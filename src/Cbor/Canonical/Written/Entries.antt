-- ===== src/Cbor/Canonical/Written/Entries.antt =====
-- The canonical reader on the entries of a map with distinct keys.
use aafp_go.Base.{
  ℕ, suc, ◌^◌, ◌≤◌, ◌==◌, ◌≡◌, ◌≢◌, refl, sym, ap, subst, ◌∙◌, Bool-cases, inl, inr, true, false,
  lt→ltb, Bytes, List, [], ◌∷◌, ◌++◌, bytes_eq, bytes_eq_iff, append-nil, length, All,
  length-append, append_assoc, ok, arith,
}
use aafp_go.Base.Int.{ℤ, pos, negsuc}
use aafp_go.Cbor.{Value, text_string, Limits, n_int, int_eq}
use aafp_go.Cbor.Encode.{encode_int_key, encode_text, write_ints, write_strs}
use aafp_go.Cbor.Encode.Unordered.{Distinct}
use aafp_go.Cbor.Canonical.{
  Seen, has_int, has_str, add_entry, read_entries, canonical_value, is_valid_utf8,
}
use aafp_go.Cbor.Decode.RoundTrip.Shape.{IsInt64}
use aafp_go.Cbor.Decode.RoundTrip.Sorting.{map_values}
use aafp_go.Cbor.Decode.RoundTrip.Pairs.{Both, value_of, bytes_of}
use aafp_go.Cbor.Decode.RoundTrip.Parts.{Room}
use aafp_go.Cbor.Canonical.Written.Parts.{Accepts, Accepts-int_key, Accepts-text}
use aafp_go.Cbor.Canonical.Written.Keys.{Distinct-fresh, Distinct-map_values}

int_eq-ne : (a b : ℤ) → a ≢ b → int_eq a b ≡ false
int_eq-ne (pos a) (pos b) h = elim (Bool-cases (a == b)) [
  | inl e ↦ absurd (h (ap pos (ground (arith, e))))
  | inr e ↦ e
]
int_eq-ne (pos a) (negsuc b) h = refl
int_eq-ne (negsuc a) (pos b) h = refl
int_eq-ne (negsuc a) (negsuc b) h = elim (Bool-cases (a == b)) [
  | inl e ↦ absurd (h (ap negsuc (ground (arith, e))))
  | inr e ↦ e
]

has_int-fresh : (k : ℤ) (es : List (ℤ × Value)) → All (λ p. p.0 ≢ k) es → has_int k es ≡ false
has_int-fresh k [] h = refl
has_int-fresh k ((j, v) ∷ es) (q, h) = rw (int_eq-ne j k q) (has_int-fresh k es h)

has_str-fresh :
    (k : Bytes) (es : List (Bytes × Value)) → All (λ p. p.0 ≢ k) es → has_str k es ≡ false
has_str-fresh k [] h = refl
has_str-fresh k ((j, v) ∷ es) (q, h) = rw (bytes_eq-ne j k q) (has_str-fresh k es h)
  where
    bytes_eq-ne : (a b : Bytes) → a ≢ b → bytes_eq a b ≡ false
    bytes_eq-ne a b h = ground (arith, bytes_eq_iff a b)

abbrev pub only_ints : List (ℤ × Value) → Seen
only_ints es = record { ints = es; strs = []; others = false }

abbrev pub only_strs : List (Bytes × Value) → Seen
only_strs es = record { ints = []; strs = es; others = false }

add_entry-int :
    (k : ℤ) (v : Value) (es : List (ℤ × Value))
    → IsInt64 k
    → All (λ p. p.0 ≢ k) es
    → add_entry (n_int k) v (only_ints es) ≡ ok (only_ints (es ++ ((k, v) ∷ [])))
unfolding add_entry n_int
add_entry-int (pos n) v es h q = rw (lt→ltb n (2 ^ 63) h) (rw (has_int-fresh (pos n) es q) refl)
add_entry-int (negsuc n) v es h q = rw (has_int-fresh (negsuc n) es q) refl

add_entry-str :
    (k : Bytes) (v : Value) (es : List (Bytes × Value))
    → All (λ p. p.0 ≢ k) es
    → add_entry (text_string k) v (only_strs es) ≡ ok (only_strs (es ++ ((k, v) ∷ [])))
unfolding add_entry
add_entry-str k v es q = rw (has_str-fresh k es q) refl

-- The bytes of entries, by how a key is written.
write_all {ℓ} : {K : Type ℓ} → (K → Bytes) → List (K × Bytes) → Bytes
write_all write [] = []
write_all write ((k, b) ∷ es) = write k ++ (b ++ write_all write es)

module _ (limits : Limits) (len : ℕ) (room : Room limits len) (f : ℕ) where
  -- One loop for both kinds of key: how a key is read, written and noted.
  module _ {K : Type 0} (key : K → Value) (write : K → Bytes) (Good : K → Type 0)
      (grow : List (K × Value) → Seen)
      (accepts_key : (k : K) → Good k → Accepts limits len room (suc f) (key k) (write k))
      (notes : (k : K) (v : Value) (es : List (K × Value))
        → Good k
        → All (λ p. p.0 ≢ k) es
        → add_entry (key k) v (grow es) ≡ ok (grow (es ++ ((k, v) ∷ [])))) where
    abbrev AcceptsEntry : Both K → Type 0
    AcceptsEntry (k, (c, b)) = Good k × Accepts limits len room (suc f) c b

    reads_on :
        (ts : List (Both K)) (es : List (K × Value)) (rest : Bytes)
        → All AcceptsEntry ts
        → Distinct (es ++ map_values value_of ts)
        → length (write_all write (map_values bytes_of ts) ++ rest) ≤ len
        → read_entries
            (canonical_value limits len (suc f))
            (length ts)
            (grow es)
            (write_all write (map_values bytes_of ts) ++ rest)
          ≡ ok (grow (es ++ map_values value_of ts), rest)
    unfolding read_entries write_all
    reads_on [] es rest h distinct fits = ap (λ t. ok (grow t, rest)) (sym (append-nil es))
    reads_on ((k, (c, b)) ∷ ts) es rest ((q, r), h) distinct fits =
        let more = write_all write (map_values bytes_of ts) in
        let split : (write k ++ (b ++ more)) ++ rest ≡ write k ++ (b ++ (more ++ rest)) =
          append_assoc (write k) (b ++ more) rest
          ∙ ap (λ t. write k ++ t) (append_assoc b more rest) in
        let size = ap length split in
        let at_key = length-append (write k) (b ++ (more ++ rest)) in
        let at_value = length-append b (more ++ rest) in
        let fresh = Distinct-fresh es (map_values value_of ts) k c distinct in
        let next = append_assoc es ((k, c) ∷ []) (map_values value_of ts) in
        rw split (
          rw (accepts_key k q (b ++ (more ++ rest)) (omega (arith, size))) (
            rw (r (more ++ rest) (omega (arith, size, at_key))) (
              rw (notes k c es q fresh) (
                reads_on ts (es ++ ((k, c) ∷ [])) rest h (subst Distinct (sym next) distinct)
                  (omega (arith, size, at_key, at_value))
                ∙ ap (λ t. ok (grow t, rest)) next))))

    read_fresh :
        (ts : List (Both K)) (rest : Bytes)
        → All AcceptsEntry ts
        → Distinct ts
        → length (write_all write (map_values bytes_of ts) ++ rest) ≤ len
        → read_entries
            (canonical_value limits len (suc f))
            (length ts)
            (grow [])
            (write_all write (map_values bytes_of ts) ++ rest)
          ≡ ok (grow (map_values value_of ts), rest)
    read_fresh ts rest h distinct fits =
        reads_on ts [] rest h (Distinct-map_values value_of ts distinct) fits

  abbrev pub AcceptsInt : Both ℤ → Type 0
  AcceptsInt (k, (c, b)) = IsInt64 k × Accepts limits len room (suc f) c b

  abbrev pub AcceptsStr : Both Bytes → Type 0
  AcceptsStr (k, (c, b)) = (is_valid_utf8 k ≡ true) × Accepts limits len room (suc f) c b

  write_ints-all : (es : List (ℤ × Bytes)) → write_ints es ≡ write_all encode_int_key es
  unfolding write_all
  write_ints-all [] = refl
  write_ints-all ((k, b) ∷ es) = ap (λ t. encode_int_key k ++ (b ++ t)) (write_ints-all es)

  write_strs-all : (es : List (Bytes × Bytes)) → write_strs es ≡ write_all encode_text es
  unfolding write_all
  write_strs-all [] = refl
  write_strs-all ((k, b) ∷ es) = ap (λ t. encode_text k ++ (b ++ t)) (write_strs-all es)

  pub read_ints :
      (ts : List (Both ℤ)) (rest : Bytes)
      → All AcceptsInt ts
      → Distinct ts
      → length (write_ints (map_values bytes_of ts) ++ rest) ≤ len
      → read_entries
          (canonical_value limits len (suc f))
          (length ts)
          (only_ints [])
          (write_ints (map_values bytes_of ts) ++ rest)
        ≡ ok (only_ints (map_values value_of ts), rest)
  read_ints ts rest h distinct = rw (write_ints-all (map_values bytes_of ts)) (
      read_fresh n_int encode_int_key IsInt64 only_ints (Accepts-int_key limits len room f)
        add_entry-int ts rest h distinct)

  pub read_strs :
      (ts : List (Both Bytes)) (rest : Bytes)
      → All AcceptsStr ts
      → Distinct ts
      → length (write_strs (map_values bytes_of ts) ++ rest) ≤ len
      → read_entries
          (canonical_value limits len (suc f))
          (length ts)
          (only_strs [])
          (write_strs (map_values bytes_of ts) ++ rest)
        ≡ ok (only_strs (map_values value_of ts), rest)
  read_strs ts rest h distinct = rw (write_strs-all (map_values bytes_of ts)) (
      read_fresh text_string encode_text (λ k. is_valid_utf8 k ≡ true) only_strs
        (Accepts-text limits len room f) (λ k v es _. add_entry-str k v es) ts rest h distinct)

^^^^^^^^^^^^^^^^

### Your instructions
Using the entries above, extract exactly the span from the line with "write_all write ((k, b)" to the line with "AcceptsEntry (k, (c, b))", both lines included; leave out everything else.

### Reply
write_all write ((k, b) ∷ es) = write k ++ (b ++ write_all write es)

module _ (limits : Limits) (len : ℕ) (room : Room limits len) (f : ℕ) where
  -- One loop for both kinds of key: how a key is read, written and noted.
  module _ {K : Type 0} (key : K → Value) (write : K → Bytes) (Good : K → Type 0)
      (grow : List (K × Value) → Seen)
      (accepts_key : (k : K) → Good k → Accepts limits len room (suc f) (key k) (write k))
      (notes : (k : K) (v : Value) (es : List (K × Value))
        → Good k
        → All (λ p. p.0 ≢ k) es
        → add_entry (key k) v (grow es) ≡ ok (grow (es ++ ((k, v) ∷ [])))) where
    abbrev AcceptsEntry : Both K → Type 0
    AcceptsEntry (k, (c, b)) = Good k × Accepts limits len room (suc f) c b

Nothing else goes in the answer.